:: ACTIVITY ::
Nothing but a number is needed here; count the lines of the listing that include "popped".

:: LISTED RECORDS ::
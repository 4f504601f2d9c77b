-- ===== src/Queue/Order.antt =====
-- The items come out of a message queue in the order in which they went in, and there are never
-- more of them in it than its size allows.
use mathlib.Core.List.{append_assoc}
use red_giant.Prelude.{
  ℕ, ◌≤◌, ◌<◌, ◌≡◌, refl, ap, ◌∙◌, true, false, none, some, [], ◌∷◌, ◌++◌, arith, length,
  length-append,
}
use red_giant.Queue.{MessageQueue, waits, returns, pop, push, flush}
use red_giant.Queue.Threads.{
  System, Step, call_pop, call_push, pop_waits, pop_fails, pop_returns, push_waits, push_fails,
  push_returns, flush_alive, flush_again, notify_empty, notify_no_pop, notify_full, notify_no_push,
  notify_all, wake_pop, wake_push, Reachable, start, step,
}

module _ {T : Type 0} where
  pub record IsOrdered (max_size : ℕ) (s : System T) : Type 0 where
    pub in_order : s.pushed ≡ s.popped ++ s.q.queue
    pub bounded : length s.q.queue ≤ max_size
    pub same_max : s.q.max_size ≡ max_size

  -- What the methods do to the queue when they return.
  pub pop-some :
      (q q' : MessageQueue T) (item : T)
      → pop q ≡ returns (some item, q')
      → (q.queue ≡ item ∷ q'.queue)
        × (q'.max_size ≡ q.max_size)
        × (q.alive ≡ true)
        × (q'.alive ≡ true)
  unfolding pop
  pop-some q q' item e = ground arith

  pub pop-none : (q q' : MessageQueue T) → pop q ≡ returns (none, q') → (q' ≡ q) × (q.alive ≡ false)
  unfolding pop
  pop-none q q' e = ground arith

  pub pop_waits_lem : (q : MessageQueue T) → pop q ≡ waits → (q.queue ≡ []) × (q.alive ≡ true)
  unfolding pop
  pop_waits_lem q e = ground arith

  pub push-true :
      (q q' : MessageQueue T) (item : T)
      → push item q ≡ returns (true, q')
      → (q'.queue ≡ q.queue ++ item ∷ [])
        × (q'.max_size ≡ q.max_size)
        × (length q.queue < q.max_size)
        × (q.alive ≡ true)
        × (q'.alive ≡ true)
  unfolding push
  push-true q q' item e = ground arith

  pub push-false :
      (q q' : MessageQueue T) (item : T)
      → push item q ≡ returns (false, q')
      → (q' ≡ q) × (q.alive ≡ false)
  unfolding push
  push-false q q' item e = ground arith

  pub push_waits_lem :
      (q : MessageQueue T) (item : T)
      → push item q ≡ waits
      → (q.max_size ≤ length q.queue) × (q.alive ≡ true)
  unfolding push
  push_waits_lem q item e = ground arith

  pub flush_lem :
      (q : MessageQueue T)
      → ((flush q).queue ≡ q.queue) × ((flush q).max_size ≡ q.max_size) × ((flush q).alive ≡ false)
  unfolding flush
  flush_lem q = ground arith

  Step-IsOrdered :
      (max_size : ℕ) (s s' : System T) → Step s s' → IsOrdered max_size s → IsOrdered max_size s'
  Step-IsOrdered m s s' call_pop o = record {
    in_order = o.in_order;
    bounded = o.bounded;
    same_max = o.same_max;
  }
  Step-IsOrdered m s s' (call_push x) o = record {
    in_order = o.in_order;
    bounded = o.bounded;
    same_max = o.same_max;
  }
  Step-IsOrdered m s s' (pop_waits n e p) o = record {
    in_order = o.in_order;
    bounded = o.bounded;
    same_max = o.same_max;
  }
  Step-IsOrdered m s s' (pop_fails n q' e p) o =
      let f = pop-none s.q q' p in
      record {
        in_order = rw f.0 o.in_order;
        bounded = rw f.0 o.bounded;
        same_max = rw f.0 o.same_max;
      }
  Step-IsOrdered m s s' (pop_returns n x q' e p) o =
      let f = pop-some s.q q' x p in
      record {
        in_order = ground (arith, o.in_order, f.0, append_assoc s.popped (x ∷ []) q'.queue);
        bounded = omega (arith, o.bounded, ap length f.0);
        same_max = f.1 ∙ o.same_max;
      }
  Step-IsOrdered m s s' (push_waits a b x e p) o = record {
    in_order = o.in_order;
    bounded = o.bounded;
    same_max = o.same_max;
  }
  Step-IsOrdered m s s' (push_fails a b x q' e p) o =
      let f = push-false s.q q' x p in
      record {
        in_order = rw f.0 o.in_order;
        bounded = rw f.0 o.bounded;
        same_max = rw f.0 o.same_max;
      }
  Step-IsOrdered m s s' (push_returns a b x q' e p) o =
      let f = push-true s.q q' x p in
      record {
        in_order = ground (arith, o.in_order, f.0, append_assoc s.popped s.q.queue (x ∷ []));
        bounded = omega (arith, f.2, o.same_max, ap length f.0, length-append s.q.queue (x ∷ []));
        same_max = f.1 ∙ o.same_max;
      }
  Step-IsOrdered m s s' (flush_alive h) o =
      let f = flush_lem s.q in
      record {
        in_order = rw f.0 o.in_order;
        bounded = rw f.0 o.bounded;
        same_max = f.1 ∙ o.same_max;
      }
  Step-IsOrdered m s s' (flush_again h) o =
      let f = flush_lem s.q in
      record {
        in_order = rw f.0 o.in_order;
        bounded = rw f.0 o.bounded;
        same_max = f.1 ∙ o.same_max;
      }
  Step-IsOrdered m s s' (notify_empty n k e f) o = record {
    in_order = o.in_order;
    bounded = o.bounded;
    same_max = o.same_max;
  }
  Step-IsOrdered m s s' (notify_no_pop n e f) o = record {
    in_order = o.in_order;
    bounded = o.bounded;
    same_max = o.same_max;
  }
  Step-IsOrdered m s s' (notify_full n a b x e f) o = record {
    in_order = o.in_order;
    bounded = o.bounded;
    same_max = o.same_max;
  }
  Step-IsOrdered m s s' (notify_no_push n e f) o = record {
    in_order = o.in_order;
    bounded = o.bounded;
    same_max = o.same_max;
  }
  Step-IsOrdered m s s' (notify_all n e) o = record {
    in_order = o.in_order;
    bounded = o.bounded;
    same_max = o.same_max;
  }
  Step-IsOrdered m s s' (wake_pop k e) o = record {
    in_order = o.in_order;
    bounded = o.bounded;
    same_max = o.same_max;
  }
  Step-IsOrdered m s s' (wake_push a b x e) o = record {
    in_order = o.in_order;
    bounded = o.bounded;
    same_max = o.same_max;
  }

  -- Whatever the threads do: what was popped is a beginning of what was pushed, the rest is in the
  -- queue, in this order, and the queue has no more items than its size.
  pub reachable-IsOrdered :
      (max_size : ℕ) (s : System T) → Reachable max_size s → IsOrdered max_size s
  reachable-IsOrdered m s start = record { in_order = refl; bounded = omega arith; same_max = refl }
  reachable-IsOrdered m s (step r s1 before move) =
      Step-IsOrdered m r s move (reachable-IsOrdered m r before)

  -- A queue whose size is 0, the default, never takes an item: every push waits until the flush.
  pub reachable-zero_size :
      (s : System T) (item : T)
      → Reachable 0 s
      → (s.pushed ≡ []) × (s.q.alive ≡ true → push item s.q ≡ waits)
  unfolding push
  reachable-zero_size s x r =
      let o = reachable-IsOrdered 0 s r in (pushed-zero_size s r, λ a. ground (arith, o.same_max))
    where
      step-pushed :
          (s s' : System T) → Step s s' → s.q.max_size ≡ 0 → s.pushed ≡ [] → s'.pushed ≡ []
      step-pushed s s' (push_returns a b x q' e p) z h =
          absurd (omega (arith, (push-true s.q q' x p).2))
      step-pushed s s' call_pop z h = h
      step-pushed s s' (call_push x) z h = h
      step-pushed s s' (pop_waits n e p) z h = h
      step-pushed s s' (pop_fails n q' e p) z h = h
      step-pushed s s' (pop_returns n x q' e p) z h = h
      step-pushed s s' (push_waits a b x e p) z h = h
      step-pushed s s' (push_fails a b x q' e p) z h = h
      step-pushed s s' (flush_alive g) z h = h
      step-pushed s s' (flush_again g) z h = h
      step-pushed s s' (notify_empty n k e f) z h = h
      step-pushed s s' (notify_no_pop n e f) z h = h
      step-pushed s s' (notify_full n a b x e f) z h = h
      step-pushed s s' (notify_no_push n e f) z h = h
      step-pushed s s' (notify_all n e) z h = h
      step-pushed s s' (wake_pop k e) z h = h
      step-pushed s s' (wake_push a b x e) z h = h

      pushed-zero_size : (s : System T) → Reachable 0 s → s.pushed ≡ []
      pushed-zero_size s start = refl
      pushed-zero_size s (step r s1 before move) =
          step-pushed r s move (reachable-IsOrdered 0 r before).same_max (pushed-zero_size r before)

==

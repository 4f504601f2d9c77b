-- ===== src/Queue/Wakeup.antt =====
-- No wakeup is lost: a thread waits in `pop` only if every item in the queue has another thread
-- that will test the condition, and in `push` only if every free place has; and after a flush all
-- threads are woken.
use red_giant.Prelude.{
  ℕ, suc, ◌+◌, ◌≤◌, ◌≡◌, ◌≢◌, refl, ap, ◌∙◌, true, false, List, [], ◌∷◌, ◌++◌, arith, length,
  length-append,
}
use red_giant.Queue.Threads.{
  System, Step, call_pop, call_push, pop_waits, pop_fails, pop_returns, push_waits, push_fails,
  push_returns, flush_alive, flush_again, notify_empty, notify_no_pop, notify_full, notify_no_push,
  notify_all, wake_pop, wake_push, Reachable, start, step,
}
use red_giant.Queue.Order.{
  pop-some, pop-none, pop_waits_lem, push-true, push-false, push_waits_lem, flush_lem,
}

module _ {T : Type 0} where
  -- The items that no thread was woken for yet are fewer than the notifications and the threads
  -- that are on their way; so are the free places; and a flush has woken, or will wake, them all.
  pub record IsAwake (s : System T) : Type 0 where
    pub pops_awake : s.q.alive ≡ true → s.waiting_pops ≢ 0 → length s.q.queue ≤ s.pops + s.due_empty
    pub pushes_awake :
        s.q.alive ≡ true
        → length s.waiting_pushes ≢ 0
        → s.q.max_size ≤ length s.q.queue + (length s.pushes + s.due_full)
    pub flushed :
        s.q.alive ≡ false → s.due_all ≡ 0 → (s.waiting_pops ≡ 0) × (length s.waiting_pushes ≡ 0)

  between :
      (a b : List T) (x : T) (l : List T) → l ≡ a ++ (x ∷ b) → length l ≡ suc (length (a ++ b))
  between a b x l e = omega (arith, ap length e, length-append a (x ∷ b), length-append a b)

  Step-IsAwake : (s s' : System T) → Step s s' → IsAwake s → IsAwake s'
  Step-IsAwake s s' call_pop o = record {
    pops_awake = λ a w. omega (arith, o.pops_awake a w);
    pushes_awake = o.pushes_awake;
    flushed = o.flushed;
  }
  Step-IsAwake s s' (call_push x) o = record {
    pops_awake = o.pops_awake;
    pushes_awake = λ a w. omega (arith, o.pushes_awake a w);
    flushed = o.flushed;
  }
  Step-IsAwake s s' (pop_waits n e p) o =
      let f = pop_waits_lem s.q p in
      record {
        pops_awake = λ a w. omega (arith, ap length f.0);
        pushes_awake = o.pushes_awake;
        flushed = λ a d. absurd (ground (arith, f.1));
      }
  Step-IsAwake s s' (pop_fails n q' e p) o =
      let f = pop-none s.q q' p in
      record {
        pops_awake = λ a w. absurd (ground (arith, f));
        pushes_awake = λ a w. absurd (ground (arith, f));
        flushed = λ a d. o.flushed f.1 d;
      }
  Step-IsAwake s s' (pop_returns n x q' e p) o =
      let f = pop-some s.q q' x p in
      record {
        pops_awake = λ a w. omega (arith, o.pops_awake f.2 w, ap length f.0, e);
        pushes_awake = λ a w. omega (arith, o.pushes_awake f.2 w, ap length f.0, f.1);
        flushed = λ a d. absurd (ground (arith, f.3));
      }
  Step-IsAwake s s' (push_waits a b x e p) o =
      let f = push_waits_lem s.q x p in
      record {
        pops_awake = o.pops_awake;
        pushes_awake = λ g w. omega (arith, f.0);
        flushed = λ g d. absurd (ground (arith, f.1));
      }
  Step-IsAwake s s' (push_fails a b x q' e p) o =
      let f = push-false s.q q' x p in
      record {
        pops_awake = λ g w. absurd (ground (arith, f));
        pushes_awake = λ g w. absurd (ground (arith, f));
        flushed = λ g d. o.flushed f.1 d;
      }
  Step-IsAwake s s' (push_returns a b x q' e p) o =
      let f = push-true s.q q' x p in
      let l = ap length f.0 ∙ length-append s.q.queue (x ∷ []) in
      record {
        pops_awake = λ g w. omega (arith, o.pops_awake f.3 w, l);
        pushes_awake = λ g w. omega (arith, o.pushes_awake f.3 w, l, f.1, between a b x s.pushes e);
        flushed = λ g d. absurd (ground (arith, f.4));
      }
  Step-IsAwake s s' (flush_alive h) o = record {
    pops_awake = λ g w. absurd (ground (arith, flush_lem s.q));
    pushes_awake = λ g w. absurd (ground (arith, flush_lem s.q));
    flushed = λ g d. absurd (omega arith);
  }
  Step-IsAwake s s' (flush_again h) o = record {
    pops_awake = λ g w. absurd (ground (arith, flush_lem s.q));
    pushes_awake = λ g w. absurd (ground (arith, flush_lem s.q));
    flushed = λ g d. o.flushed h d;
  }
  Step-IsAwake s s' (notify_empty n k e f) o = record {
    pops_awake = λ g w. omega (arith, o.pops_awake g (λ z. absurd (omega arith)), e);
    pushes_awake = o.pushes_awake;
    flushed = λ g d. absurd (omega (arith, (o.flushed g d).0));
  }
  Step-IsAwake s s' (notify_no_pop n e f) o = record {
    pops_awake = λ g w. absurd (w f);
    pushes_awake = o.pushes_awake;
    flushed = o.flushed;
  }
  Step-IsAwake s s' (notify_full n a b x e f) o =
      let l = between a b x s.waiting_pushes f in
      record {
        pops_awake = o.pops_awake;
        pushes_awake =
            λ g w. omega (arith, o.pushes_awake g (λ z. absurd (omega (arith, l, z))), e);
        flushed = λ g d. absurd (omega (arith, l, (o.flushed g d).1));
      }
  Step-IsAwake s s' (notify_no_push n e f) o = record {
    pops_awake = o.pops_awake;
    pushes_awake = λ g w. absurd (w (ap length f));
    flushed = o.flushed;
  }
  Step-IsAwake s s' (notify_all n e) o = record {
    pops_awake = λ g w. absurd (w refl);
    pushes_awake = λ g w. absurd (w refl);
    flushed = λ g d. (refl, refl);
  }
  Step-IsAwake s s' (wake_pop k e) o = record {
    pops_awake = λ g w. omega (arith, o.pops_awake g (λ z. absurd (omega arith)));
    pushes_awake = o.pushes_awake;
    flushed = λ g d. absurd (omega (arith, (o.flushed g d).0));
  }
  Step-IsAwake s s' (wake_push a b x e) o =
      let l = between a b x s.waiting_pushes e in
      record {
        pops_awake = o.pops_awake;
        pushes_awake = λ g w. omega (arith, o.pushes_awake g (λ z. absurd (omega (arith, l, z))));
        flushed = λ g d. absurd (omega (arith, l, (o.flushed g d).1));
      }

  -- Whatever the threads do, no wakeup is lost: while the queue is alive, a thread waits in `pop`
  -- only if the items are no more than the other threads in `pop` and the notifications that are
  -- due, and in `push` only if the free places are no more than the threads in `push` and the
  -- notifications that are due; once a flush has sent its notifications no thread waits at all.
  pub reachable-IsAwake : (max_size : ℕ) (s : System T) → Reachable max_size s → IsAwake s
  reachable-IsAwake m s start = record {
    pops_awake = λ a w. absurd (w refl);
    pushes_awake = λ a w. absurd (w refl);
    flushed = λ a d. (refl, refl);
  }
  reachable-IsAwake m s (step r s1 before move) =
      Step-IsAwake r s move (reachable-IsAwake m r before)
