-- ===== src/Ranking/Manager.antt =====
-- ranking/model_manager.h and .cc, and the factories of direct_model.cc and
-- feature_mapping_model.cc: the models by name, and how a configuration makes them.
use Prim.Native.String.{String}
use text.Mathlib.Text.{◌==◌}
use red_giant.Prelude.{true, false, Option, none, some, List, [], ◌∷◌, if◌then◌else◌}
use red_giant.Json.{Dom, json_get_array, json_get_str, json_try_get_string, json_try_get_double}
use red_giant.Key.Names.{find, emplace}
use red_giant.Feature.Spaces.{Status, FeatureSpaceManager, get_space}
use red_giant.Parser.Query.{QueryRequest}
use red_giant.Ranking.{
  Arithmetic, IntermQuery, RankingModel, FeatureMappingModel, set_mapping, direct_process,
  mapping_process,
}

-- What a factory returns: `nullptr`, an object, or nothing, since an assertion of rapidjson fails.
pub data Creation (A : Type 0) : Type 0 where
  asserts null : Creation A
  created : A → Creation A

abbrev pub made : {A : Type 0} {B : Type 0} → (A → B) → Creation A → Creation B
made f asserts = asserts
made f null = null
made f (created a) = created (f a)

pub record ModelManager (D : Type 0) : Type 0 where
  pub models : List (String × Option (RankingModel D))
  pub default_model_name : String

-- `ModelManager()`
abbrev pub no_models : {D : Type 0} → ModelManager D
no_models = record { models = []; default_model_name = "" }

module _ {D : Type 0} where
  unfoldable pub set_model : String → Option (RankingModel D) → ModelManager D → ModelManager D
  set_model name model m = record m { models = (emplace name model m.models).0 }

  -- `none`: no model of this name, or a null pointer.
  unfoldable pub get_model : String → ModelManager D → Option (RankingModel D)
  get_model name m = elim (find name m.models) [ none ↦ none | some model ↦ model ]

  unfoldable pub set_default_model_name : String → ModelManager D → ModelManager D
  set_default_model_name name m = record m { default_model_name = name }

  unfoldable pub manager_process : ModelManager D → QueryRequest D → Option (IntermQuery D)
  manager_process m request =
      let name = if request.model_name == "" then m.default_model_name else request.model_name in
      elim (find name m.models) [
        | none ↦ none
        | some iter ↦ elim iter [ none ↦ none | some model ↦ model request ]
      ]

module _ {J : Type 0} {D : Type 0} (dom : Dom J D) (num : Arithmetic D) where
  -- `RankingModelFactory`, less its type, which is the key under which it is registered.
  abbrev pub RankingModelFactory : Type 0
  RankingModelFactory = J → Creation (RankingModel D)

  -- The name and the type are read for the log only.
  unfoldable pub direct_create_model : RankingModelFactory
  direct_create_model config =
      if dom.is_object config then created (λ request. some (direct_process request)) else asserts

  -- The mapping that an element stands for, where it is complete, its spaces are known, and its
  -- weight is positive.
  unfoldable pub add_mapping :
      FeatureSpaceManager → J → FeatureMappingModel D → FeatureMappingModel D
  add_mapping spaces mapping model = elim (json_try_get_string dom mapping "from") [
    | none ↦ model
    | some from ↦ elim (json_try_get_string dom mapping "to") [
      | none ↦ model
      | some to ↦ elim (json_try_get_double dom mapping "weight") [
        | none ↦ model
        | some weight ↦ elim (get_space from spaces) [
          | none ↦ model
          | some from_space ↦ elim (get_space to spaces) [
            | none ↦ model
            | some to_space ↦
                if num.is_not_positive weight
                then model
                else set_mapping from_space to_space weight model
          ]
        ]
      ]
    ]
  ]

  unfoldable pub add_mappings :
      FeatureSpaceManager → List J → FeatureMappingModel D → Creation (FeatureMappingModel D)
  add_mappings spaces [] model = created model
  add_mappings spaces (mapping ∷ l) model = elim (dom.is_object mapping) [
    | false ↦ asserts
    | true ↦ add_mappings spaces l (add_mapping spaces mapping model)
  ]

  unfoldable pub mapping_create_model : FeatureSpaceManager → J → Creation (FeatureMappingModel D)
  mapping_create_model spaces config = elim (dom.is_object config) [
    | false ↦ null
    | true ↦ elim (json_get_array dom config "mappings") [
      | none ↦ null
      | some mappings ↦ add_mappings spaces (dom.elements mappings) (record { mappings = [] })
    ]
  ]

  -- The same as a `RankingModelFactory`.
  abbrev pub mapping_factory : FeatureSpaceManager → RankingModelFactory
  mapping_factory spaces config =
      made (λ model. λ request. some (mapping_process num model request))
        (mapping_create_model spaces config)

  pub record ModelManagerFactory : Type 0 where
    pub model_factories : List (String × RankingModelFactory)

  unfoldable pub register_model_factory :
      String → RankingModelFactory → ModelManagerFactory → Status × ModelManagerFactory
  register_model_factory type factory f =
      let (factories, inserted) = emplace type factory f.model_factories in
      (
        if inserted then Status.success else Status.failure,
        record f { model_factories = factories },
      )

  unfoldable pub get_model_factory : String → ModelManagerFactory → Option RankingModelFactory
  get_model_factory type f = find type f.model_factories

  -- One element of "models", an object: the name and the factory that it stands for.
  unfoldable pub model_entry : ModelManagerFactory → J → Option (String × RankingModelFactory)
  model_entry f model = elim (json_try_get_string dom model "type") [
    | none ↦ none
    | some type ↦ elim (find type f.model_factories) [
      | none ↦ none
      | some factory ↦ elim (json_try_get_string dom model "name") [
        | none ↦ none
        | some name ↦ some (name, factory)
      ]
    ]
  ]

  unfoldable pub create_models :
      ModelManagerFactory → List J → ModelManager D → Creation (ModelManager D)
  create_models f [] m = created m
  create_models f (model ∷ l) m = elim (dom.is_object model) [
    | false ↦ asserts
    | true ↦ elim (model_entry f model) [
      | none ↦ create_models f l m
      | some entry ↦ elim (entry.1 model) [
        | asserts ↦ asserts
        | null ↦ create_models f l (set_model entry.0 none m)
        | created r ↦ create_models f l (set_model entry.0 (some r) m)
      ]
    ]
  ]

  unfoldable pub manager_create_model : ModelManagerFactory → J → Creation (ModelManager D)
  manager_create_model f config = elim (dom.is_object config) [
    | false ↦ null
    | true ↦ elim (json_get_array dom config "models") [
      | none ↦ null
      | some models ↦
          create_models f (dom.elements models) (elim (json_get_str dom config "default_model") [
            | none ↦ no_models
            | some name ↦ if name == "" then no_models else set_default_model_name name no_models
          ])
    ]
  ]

:: RESULT ::
4